__Assignment__
Please restate, word for word, the lines below that begin at the one with "some v ↦ tt" and end at the one with "tool_evidence-IsOk (e ∷". Leave out all other lines.

(Collected data)
-- ===== src/Reports/Returns.antt =====
-- Which parts of a report return: those that read what a run saves.
use vaultwatch.Base.{
  ℕ, String, ◌≡◌, refl, sym, none, some, List, [], ◌∷◌, map, true, false, Bool, truthy,
  if◌then◌else◌,
}
use mathlib.Core.Path.{subst}
use vaultwatch.Base.Exec.{Result, ok, err}
use vaultwatch.Base.Exec.Results.{◌>>=◌}
use vaultwatch.Runtime.{Runtime, strs}
use vaultwatch.Models.{tool_detail}
use vaultwatch.Models.Values.{
  Json, Dict, null, str, obj, empty, entry, get, item, subscript, list_of,
}
use vaultwatch.Llm.Transcripts.{get_from}
use vaultwatch.CaseRecord.{CaseEvent, agent_event, alert_event, payment_event}
use vaultwatch.CaseRecord.Dump.{detail_dict, alert_detail, event_dict}
use vaultwatch.CaseStore.{Row}
use vaultwatch.Api.{Verification, checked, unavailable}
use vaultwatch.Reports.{
  fstring, joined, spaced, escaped, row, receipt, finding, tool_evidence, evidence_of,
  without_underscores,
}

-- it returns, with a value that has `P`
abbrev pub OkWith : {A : Type 0} → (A → Type 0) → Result A → Type 0
OkWith P (ok a) = P a
OkWith P (err e) = ⊥

abbrev pub IsOk : {A : Type 0} → Result A → Type 0
IsOk = OkWith λ _. Unit

module _ {A B : Type 0} where
  pub OkWith-bind :
      (P : A → Type 0) (Q : B → Type 0) (r : Result A) (f : A → Result B)
      → OkWith P r
      → ((a : A) → P a → OkWith Q (f a))
      → OkWith Q (r >>= f)
  OkWith-bind P Q (ok a) f h k = k a h
  OkWith-bind P Q (err e) f h k = h

  pub IsOk-bind :
      (r : Result A) (f : A → Result B) → IsOk r → ((a : A) → IsOk (f a)) → IsOk (r >>= f)
  IsOk-bind r f h k = OkWith-bind (λ _. Unit) (λ _. Unit) r f h λ a _. k a

module _ {A : Type 0} where
  pub returned : (r : Result A) → IsOk r → (a : A) × (r ≡ ok a)
  returned (ok a) h = (a, refl)
  returned (err e) h = absurd h

  pub one_of : (b : Bool) (r s : Result A) → IsOk r → IsOk s → IsOk (if b then r else s)
  one_of true r s h g = h
  one_of false r s h g = g

  -- a predicate of each member
  abbrev pub Every : (A → Type 0) → List A → Type 0
  Every P [] = Unit
  Every P (x ∷ xs) = P x × Every P xs

  pub joined-IsOk :
      (f : A → Result String) (xs : List A) → Every (λ x. IsOk (f x)) xs → IsOk (joined f xs)
  unfolding joined
  joined-IsOk f [] h = tt
  joined-IsOk f (x ∷ xs) h =
      IsOk-bind (f x) _ h.0 λ s. IsOk-bind (joined f xs) _ (joined-IsOk f xs h.1) λ t. tt

-- `p` returns, and so does what follows
abbrev pub And : Result String → Type 0 → Type 0
And (ok s) X = X
And (err e) X = ⊥

-- Each part returns. Of those that compute to a text nothing is left to show.
abbrev pub AllOk : List (Result String) → Type 0
AllOk [] = Unit
AllOk (p ∷ ps) = And p (AllOk ps)

pub also : {X : Type 0} (p : Result String) → IsOk p → X → And p X
also (ok s) h x = x
also (err e) h x = h

pub fstring-IsOk : (ps : List (Result String)) → AllOk ps → IsOk (fstring ps)
unfolding fstring
fstring-IsOk [] h = tt
fstring-IsOk (ok s ∷ ps) h = IsOk-bind (fstring ps) _ (fstring-IsOk ps h) λ t. tt
fstring-IsOk (err e ∷ ps) h = h

module _ {N : Type 0} where
  -- a row of the case store
  unfoldable pub row_dict : Row (Dict N) → Dict N
  row_dict r =
      entry "transaction_id" (str r.transaction_id)
        (entry "account_id" (str r.account_id) (entry "result" (obj r.result) empty))

  -- what `audit_status` answers, and what `printable_report` takes in its place
  unfoldable pub verification_dict : (ℕ → String) → Verification N → Dict N
  verification_dict iso (checked v t) = entry "verify" v (entry "checked_at" (str (iso t)) empty)
  verification_dict iso unavailable = entry "status" (str "unavailable") (entry "verify" null empty)

  -- a rule's name is a text, and it has its detail
  abbrev pub IsRule : Dict N → Type 0
  IsRule d = ((name : String) × (item d "rule" ≡ ok (str name))) × IsOk (item d "detail")

  abbrev pub IsReceipt : Json N → Type 0
  IsReceipt e =
      IsOk (subscript e "seq") × IsOk (subscript e "event_type") × IsOk (subscript e "hash")

  -- a place of the review, if it is there
  abbrev pub IsPlace : Json N → Type 0
  IsPlace (obj d) = Unit
  IsPlace _ = ⊥

  abbrev pub IsAnswer : Verification N → Type 0
  IsAnswer (checked v t) = IsOk (subscript v "valid")
  IsAnswer unavailable = Unit

module _ {N : Type 0} where
  pub get_from-IsOk :
      (d : Dict N) (k : String) (default : Json N) → IsOk (get_from (obj d) k default)
  unfolding get_from
  get_from-IsOk d k default =
      elim (get d k) as (λ o. IsOk (elim o [ none ↦ ok default | some v ↦ ok v ])) [
        | none ↦ tt
        | some v ↦ tt
      ]

module _ (N : Type 0) where
  pub spaced-strs : (xs : List String) → IsOk (spaced {N = N} (list_of (strs xs)))
  unfolding spaced
  spaced-strs [] = tt
  spaced-strs (x ∷ []) = tt
  spaced-strs (x ∷ y ∷ xs) =
      IsOk-bind (spaced {N = N} (list_of (strs (y ∷ xs)))) _ (spaced-strs (y ∷ xs)) λ _. tt

module _ (rt : Runtime) (iso_json iso : ℕ → String) where
  open rt use {Num}

  pub escaped-IsOk : (r : Result (Json Num)) → IsOk r → IsOk (escaped rt r)
  unfolding escaped
  escaped-IsOk r h = IsOk-bind r _ h λ v. tt

  pub row-IsOk : (e : CaseEvent Num) → IsOk (row rt (obj (event_dict iso_json iso e)))
  unfolding row fstring escaped subscript item get_from get event_dict
  row-IsOk (agent_event e) = tt
  row-IsOk (alert_event a) = tt
  row-IsOk (payment_event e) = tt

  pub receipt-IsOk : (e : Json Num) → IsReceipt e → IsOk (receipt rt e)
  unfolding receipt
  receipt-IsOk e h =
      fstring-IsOk _
        (also _ (escaped-IsOk _ h.0) (also _ (escaped-IsOk _ h.1) (also _ (escaped-IsOk _ h.2) tt)))

  abbrev named : Result (Json Num) → Result (Json Num)
  named r = do name ← r; text ← without_underscores name; ok (str text)

  pub finding-IsOk : (d : Dict Num) → IsRule d → IsOk (finding rt (obj d))
  unfolding finding subscript without_underscores
  finding-IsOk d h = fstring-IsOk _ (
      also _ (escaped-IsOk _ (subst (λ r. IsOk (named r)) (sym h.0.1) tt))
        (also _ (escaped-IsOk _ h.1) tt))

  evidence_of-IsOk : (e : CaseEvent Num) → IsOk (evidence_of rt (obj (event_dict iso_json iso e)))
  unfolding evidence_of subscript item get_from get event_dict detail_dict alert_detail
  evidence_of-IsOk (alert_event a) = tt
  evidence_of-IsOk (payment_event e) = tt
  evidence_of-IsOk (agent_event e) =
      elim e.detail
        as (λ d. IsOk (
          evidence_of rt (obj (event_dict iso_json iso (agent_event (record e { detail = d })))))) [
            | tool_detail name input result ↦ one_of (truthy name) _ _ tt tt
            | _ ↦ tt
          ]

  pub tool_evidence-IsOk :
      (es : List (CaseEvent Num))
      → IsOk (tool_evidence rt (map (λ e. obj (event_dict iso_json iso e)) es))
  unfolding tool_evidence
  tool_evidence-IsOk [] = tt
  tool_evidence-IsOk (e ∷ es) =
      IsOk-bind (evidence_of rt (obj (event_dict iso_json iso e))) _ (evidence_of-IsOk e)
        λ kept. IsOk-bind (tool_evidence rt _) _ (tool_evidence-IsOk es) λ rest. tt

__Final answer__
        | some v ↦ tt
      ]

module _ (N : Type 0) where
  pub spaced-strs : (xs : List String) → IsOk (spaced {N = N} (list_of (strs xs)))
  unfolding spaced
  spaced-strs [] = tt
  spaced-strs (x ∷ []) = tt
  spaced-strs (x ∷ y ∷ xs) =
      IsOk-bind (spaced {N = N} (list_of (strs (y ∷ xs)))) _ (spaced-strs (y ∷ xs)) λ _. tt

module _ (rt : Runtime) (iso_json iso : ℕ → String) where
  open rt use {Num}

  pub escaped-IsOk : (r : Result (Json Num)) → IsOk r → IsOk (escaped rt r)
  unfolding escaped
  escaped-IsOk r h = IsOk-bind r _ h λ v. tt

  pub row-IsOk : (e : CaseEvent Num) → IsOk (row rt (obj (event_dict iso_json iso e)))
  unfolding row fstring escaped subscript item get_from get event_dict
  row-IsOk (agent_event e) = tt
  row-IsOk (alert_event a) = tt
  row-IsOk (payment_event e) = tt

  pub receipt-IsOk : (e : Json Num) → IsReceipt e → IsOk (receipt rt e)
  unfolding receipt
  receipt-IsOk e h =
      fstring-IsOk _
        (also _ (escaped-IsOk _ h.0) (also _ (escaped-IsOk _ h.1) (also _ (escaped-IsOk _ h.2) tt)))

  abbrev named : Result (Json Num) → Result (Json Num)
  named r = do name ← r; text ← without_underscores name; ok (str text)

  pub finding-IsOk : (d : Dict Num) → IsRule d → IsOk (finding rt (obj d))
  unfolding finding subscript without_underscores
  finding-IsOk d h = fstring-IsOk _ (
      also _ (escaped-IsOk _ (subst (λ r. IsOk (named r)) (sym h.0.1) tt))
        (also _ (escaped-IsOk _ h.1) tt))

  evidence_of-IsOk : (e : CaseEvent Num) → IsOk (evidence_of rt (obj (event_dict iso_json iso e)))
  unfolding evidence_of subscript item get_from get event_dict detail_dict alert_detail
  evidence_of-IsOk (alert_event a) = tt
  evidence_of-IsOk (payment_event e) = tt
  evidence_of-IsOk (agent_event e) =
      elim e.detail
        as (λ d. IsOk (
          evidence_of rt (obj (event_dict iso_json iso (agent_event (record e { detail = d })))))) [
            | tool_detail name input result ↦ one_of (truthy name) _ _ tt tt
            | _ ↦ tt
          ]

  pub tool_evidence-IsOk :
      (es : List (CaseEvent Num))
      → IsOk (tool_evidence rt (map (λ e. obj (event_dict iso_json iso e)) es))
  unfolding tool_evidence
  tool_evidence-IsOk [] = tt
  tool_evidence-IsOk (e ∷ es) =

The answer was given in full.